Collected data

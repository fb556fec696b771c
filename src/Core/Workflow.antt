-- ===== src/Core/Workflow.antt =====
-- crates/core/src/workflow.rs: the states of a workflow run and the transitions between them.
pub mod Kinds
pub mod Runs
mod Tests
use agent_workboard.Prelude.{Bool, true, false, ◌||◌, holds}

pub data WorkflowState : Type 0 where
  draft worktree_pending planning_launch_pending planning_active proposal_ready : WorkflowState
  awaiting_approval publishing planned work_item_launch_pending : WorkflowState
  work_item_active reconciliation_required blocked paused completed cancelled : WorkflowState

-- The derived `==`.
unfoldable pub WorkflowState-discrete : Discrete WorkflowState
WorkflowState-discrete = hlevel

unfoldable pub is_terminal : WorkflowState → Bool
is_terminal completed = true
is_terminal cancelled = true
is_terminal _ = false

-- The `match self` of `can_transition_to`, below the test `self == next`.
from_draft : WorkflowState → Bool
from_draft worktree_pending = true
from_draft cancelled = true
from_draft _ = false

from_worktree_pending : WorkflowState → Bool
from_worktree_pending planning_launch_pending = true
from_worktree_pending reconciliation_required = true
from_worktree_pending cancelled = true
from_worktree_pending _ = false

from_planning_launch_pending : WorkflowState → Bool
from_planning_launch_pending planning_active = true
from_planning_launch_pending reconciliation_required = true
from_planning_launch_pending cancelled = true
from_planning_launch_pending _ = false

from_planning_active : WorkflowState → Bool
from_planning_active proposal_ready = true
from_planning_active reconciliation_required = true
from_planning_active blocked = true
from_planning_active paused = true
from_planning_active cancelled = true
from_planning_active _ = false

from_proposal_ready : WorkflowState → Bool
from_proposal_ready awaiting_approval = true
from_proposal_ready planning_active = true
from_proposal_ready cancelled = true
from_proposal_ready _ = false

from_awaiting_approval : WorkflowState → Bool
from_awaiting_approval publishing = true
from_awaiting_approval planning_active = true
from_awaiting_approval cancelled = true
from_awaiting_approval _ = false

from_publishing : WorkflowState → Bool
from_publishing planned = true
from_publishing reconciliation_required = true
from_publishing cancelled = true
from_publishing _ = false

from_planned : WorkflowState → Bool
from_planned work_item_launch_pending = true
from_planned completed = true
from_planned cancelled = true
from_planned _ = false

from_work_item_launch_pending : WorkflowState → Bool
from_work_item_launch_pending work_item_active = true
from_work_item_launch_pending reconciliation_required = true
from_work_item_launch_pending cancelled = true
from_work_item_launch_pending _ = false

from_work_item_active : WorkflowState → Bool
from_work_item_active work_item_launch_pending = true
from_work_item_active reconciliation_required = true
from_work_item_active blocked = true
from_work_item_active paused = true
from_work_item_active completed = true
from_work_item_active cancelled = true
from_work_item_active _ = false

from_reconciliation_required : WorkflowState → Bool
from_reconciliation_required planning_active = true
from_reconciliation_required proposal_ready = true
from_reconciliation_required awaiting_approval = true
from_reconciliation_required publishing = true
from_reconciliation_required planned = true
from_reconciliation_required work_item_launch_pending = true
from_reconciliation_required work_item_active = true
from_reconciliation_required blocked = true
from_reconciliation_required paused = true
from_reconciliation_required cancelled = true
from_reconciliation_required _ = false

from_blocked : WorkflowState → Bool
from_blocked planning_active = true
from_blocked work_item_active = true
from_blocked reconciliation_required = true
from_blocked paused = true
from_blocked cancelled = true
from_blocked _ = false

from_paused : WorkflowState → Bool
from_paused planning_active = true
from_paused work_item_active = true
from_paused reconciliation_required = true
from_paused cancelled = true
from_paused _ = false

permits : WorkflowState → WorkflowState → Bool
unfolding from_draft from_worktree_pending from_planning_launch_pending from_planning_active
    from_proposal_ready from_awaiting_approval from_publishing from_planned
    from_work_item_launch_pending from_work_item_active from_reconciliation_required from_blocked
    from_paused
permits draft next = from_draft next
permits worktree_pending next = from_worktree_pending next
permits planning_launch_pending next = from_planning_launch_pending next
permits planning_active next = from_planning_active next
permits proposal_ready next = from_proposal_ready next
permits awaiting_approval next = from_awaiting_approval next
permits publishing next = from_publishing next
permits planned next = from_planned next
permits work_item_launch_pending next = from_work_item_launch_pending next
permits work_item_active next = from_work_item_active next
permits reconciliation_required next = from_reconciliation_required next
permits blocked next = from_blocked next
permits paused next = from_paused next
permits completed next = false
permits cancelled next = false

unfoldable pub can_transition_to : WorkflowState → WorkflowState → Bool
unfolding permits WorkflowState-discrete
can_transition_to self next = holds (WorkflowState-discrete self next) || permits self next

## What you have to do
Retype only the lines above between the line with "from_reconciliation_required awaiting_approval = true" and the line with "permits draft next = from_draft next", counting those two lines as well, and keep every character as it is.

## Answer space
from_reconciliation_required awaiting_approval = true
from_reconciliation_required publishing = true
from_reconciliation_required planned = true
from_reconciliation_required work_item_launch_pending = true
from_reconciliation_required work_item_active = true
from_reconciliation_required blocked = true
from_reconciliation_required paused = true
from_reconciliation_required cancelled = true
from_reconciliation_required _ = false

from_blocked : WorkflowState → Bool
from_blocked planning_active = true
from_blocked work_item_active = true
from_blocked reconciliation_required = true
from_blocked paused = true
from_blocked cancelled = true
from_blocked _ = false

from_paused : WorkflowState → Bool
from_paused planning_active = true
from_paused work_item_active = true
from_paused reconciliation_required = true
from_paused cancelled = true
from_paused _ = false

permits : WorkflowState → WorkflowState → Bool
unfolding from_draft from_worktree_pending from_planning_launch_pending from_planning_active
    from_proposal_ready from_awaiting_approval from_publishing from_planned
    from_work_item_launch_pending from_work_item_active from_reconciliation_required from_blocked
    from_paused
permits draft next = from_draft next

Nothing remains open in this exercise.